[[ Data for processing, beginning ]]

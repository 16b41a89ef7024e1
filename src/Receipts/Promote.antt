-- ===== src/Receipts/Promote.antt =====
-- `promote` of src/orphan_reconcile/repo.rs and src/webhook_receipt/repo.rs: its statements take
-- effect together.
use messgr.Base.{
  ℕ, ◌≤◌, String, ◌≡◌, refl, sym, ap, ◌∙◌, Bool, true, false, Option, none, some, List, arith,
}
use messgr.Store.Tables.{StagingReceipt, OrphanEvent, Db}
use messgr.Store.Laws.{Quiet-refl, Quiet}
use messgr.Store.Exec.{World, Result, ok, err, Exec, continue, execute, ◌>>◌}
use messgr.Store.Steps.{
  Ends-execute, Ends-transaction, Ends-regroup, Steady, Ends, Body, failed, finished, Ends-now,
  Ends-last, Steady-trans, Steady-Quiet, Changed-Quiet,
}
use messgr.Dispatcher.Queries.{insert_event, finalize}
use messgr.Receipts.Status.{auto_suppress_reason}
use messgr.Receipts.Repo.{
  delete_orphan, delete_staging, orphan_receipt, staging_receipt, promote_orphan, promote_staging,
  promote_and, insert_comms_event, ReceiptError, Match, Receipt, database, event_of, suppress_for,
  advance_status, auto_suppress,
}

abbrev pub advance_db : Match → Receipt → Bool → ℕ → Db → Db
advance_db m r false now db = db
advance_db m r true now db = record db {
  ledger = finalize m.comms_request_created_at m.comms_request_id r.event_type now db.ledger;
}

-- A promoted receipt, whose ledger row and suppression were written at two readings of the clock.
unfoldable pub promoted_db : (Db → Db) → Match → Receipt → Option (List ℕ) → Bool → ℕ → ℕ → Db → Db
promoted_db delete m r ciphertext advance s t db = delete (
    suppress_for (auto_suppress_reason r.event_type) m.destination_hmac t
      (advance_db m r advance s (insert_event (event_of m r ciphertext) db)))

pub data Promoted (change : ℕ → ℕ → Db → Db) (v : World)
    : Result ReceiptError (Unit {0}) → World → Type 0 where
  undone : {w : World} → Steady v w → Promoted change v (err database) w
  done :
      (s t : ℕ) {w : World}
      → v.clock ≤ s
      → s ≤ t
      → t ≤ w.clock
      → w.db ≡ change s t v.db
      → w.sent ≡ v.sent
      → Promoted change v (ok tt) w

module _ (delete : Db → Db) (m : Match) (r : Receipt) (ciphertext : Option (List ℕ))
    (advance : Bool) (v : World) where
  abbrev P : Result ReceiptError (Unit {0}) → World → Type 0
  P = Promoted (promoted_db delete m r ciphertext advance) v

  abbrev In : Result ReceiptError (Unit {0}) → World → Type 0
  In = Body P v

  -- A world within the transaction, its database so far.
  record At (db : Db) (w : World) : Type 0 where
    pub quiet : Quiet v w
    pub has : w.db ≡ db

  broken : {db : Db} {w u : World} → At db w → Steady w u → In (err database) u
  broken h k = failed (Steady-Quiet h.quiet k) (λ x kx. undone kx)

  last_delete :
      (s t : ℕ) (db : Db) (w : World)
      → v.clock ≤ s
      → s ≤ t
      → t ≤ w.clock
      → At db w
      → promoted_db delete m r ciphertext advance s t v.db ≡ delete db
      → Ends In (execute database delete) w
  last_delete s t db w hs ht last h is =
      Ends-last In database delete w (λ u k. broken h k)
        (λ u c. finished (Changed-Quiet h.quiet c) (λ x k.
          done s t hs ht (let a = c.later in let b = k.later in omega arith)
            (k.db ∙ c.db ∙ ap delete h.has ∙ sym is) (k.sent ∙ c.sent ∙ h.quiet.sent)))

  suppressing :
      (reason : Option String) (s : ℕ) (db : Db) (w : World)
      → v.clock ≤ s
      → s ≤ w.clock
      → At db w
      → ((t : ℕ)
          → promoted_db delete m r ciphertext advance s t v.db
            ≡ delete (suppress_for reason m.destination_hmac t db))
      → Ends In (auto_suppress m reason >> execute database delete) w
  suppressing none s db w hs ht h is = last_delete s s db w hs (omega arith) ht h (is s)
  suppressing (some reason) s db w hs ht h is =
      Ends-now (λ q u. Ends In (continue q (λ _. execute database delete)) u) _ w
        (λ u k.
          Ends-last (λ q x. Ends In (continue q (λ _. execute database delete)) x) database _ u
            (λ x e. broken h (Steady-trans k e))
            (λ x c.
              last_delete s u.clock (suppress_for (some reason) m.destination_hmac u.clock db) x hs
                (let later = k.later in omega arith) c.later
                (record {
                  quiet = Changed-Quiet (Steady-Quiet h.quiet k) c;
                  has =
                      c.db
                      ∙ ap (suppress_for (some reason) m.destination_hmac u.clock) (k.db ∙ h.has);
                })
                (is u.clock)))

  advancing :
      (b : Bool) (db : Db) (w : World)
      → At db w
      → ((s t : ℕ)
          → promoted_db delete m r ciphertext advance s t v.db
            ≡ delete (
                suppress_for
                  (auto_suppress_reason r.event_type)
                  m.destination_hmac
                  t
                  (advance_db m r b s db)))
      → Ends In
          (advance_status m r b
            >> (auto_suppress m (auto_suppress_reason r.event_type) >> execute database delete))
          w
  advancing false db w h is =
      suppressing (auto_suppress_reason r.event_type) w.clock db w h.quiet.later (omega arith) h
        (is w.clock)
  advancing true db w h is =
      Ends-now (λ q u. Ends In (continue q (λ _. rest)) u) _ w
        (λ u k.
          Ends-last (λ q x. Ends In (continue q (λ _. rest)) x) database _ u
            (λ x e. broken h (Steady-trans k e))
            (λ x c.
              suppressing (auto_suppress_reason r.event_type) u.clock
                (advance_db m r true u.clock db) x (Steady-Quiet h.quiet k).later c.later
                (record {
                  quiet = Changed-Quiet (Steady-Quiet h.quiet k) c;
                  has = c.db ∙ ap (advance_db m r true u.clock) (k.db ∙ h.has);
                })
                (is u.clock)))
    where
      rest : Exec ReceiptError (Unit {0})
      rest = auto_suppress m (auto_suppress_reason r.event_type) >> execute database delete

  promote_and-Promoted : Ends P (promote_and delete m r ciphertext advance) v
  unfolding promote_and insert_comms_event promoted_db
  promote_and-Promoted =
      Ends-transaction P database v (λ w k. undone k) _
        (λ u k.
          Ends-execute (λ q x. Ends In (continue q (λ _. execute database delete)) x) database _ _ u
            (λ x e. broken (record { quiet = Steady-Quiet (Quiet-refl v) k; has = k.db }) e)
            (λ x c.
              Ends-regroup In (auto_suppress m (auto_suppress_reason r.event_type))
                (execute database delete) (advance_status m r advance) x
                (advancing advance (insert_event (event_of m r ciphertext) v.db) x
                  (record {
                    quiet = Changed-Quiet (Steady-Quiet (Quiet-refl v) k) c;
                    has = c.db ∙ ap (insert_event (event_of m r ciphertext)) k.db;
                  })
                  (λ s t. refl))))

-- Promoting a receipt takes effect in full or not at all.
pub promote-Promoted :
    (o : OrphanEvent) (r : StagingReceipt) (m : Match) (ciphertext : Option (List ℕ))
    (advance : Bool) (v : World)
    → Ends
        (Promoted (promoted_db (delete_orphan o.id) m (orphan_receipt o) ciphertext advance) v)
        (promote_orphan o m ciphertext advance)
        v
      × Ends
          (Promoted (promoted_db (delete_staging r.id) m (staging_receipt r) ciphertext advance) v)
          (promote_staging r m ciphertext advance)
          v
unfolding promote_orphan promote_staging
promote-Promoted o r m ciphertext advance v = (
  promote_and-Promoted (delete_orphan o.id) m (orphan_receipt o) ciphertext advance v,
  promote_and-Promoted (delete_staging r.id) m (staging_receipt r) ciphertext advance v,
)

[[ Data for processing, end ]]

** What is being asked **
Give back every line of the data exactly as it was written.

** Answer box **
repository 16b41a89ef7024e1
filename src/Receipts/Promote.antt
-- ===== src/Receipts/Promote.antt =====
-- `promote` of src/orphan_reconcile/repo.rs and src/webhook_receipt/repo.rs: its statements take
-- effect together.
use messgr.Base.{
  ℕ, ◌≤◌, String, ◌≡◌, refl, sym, ap, ◌∙◌, Bool, true, false, Option, none, some, List, arith,
}
use messgr.Store.Tables.{StagingReceipt, OrphanEvent, Db}
use messgr.Store.Laws.{Quiet-refl, Quiet}
use messgr.Store.Exec.{World, Result, ok, err, Exec, continue, execute, ◌>>◌}
use messgr.Store.Steps.{
  Ends-execute, Ends-transaction, Ends-regroup, Steady, Ends, Body, failed, finished, Ends-now,
  Ends-last, Steady-trans, Steady-Quiet, Changed-Quiet,
}
use messgr.Dispatcher.Queries.{insert_event, finalize}
use messgr.Receipts.Status.{auto_suppress_reason}
use messgr.Receipts.Repo.{
  delete_orphan, delete_staging, orphan_receipt, staging_receipt, promote_orphan, promote_staging,
  promote_and, insert_comms_event, ReceiptError, Match, Receipt, database, event_of, suppress_for,
  advance_status, auto_suppress,
}

abbrev pub advance_db : Match → Receipt → Bool → ℕ → Db → Db
advance_db m r false now db = db
advance_db m r true now db = record db {
  ledger = finalize m.comms_request_created_at m.comms_request_id r.event_type now db.ledger;
}

-- A promoted receipt, whose ledger row and suppression were written at two readings of the clock.
unfoldable pub promoted_db : (Db → Db) → Match → Receipt → Option (List ℕ) → Bool → ℕ → ℕ → Db → Db
promoted_db delete m r ciphertext advance s t db = delete (
    suppress_for (auto_suppress_reason r.event_type) m.destination_hmac t
      (advance_db m r advance s (insert_event (event_of m r ciphertext) db)))

pub data Promoted (change : ℕ → ℕ → Db → Db) (v : World)
    : Result ReceiptError (Unit {0}) → World → Type 0 where
  undone : {w : World} → Steady v w → Promoted change v (err database) w
  done :
      (s t : ℕ) {w : World}
      → v.clock ≤ s
      → s ≤ t
      → t ≤ w.clock
      → w.db ≡ change s t v.db
      → w.sent ≡ v.sent
      → Promoted change v (ok tt) w

module _ (delete : Db → Db) (m : Match) (r : Receipt) (ciphertext : Option (List ℕ))
    (advance : Bool) (v : World) where
  abbrev P : Result ReceiptError (Unit {0}) → World → Type 0
  P = Promoted (promoted_db delete m r ciphertext advance) v

  abbrev In : Result ReceiptError (Unit {0}) → World → Type 0
  In = Body P v

  -- A world within the transaction, its database so far.
  record At (db : Db) (w : World) : Type 0 where
    pub quiet : Quiet v w
    pub has : w.db ≡ db

  broken : {db : Db} {w u : World} → At db w → Steady w u → In (err database) u
  broken h k = failed (Steady-Quiet h.quiet k) (λ x kx. undone kx)

  last_delete :
      (s t : ℕ) (db : Db) (w : World)
      → v.clock ≤ s
      → s ≤ t
      → t ≤ w.clock
      → At db w
      → promoted_db delete m r ciphertext advance s t v.db ≡ delete db
      → Ends In (execute database delete) w
  last_delete s t db w hs ht last h is =
      Ends-last In database delete w (λ u k. broken h k)
        (λ u c. finished (Changed-Quiet h.quiet c) (λ x k.
          done s t hs ht (let a = c.later in let b = k.later in omega arith)
            (k.db ∙ c.db ∙ ap delete h.has ∙ sym is) (k.sent ∙ c.sent ∙ h.quiet.sent)))

  suppressing :
      (reason : Option String) (s : ℕ) (db : Db) (w : World)
      → v.clock ≤ s
      → s ≤ w.clock
      → At db w
      → ((t : ℕ)
          → promoted_db delete m r ciphertext advance s t v.db
            ≡ delete (suppress_for reason m.destination_hmac t db))
      → Ends In (auto_suppress m reason >> execute database delete) w
  suppressing none s db w hs ht h is = last_delete s s db w hs (omega arith) ht h (is s)
  suppressing (some reason) s db w hs ht h is =
      Ends-now (λ q u. Ends In (continue q (λ _. execute database delete)) u) _ w
        (λ u k.
          Ends-last (λ q x. Ends In (continue q (λ _. execute database delete)) x) database _ u
            (λ x e. broken h (Steady-trans k e))
            (λ x c.
              last_delete s u.clock (suppress_for (some reason) m.destination_hmac u.clock db) x hs
                (let later = k.later in omega arith) c.later
                (record {
                  quiet = Changed-Quiet (Steady-Quiet h.quiet k) c;
                  has =
                      c.db
                      ∙ ap (suppress_for (some reason) m.destination_hmac u.clock) (k.db ∙ h.has);
                })
                (is u.clock)))

  advancing :
      (b : Bool) (db : Db) (w : World)
      → At db w
      → ((s t : ℕ)
          → promoted_db delete m r ciphertext advance s t v.db
            ≡ delete (
                suppress_for
                  (auto_suppress_reason r.event_type)
                  m.destination_hmac
                  t
                  (advance_db m r b s db)))
      → Ends In
          (advance_status m r b
            >> (auto_suppress m (auto_suppress_reason r.event_type) >> execute database delete))
          w
  advancing false db w h is =
      suppressing (auto_suppress_reason r.event_type) w.clock db w h.quiet.later (omega arith) h
        (is w.clock)
  advancing true db w h is =
      Ends-now (λ q u. Ends In (continue q (λ _. rest)) u) _ w
        (λ u k.
          Ends-last (λ q x. Ends In (continue q (λ _. rest)) x) database _ u
            (λ x e. broken h (Steady-trans k e))
            (λ x c.
              suppressing (auto_suppress_reason r.event_type) u.clock
                (advance_db m r true u.clock db) x (Steady-Quiet h.quiet k).later c.later
                (record {
                  quiet = Changed-Quiet (Steady-Quiet h.quiet k) c;
                  has = c.db ∙ ap (advance_db m r true u.clock) (k.db ∙ h.has);
                })
                (is u.clock)))
    where
      rest : Exec ReceiptError (Unit {0})
      rest = auto_suppress m (auto_suppress_reason r.event_type) >> execute database delete

  promote_and-Promoted : Ends P (promote_and delete m r ciphertext advance) v
  unfolding promote_and insert_comms_event promoted_db
  promote_and-Promoted =
      Ends-transaction P database v (λ w k. undone k) _
        (λ u k.
          Ends-execute (λ q x. Ends In (continue q (λ _. execute database delete)) x) database _ _ u
            (λ x e. broken (record { quiet = Steady-Quiet (Quiet-refl v) k; has = k.db }) e)
            (λ x c.
              Ends-regroup In (auto_suppress m (auto_suppress_reason r.event_type))
                (execute database delete) (advance_status m r advance) x
                (advancing advance (insert_event (event_of m r ciphertext) v.db) x
                  (record {
                    quiet = Changed-Quiet (Steady-Quiet (Quiet-refl v) k) c;
                    has = c.db ∙ ap (insert_event (event_of m r ciphertext)) k.db;
                  })
                  (λ s t. refl))))

-- Promoting a receipt takes effect in full or not at all.
pub promote-Promoted :
    (o : OrphanEvent) (r : StagingReceipt) (m : Match) (ciphertext : Option (List ℕ))
    (advance : Bool) (v : World)
    → Ends
        (Promoted (promoted_db (delete_orphan o.id) m (orphan_receipt o) ciphertext advance) v)
        (promote_orphan o m ciphertext advance)
        v
      × Ends
          (Promoted (promoted_db (delete_staging r.id) m (staging_receipt r) ciphertext advance) v)
          (promote_staging r m ciphertext advance)
          v
unfolding promote_orphan promote_staging
promote-Promoted o r m ciphertext advance v = (
  promote_and-Promoted (delete_orphan o.id) m (orphan_receipt o) ciphertext advance v,
  promote_and-Promoted (delete_staging r.id) m (staging_receipt r) ciphertext advance v,
)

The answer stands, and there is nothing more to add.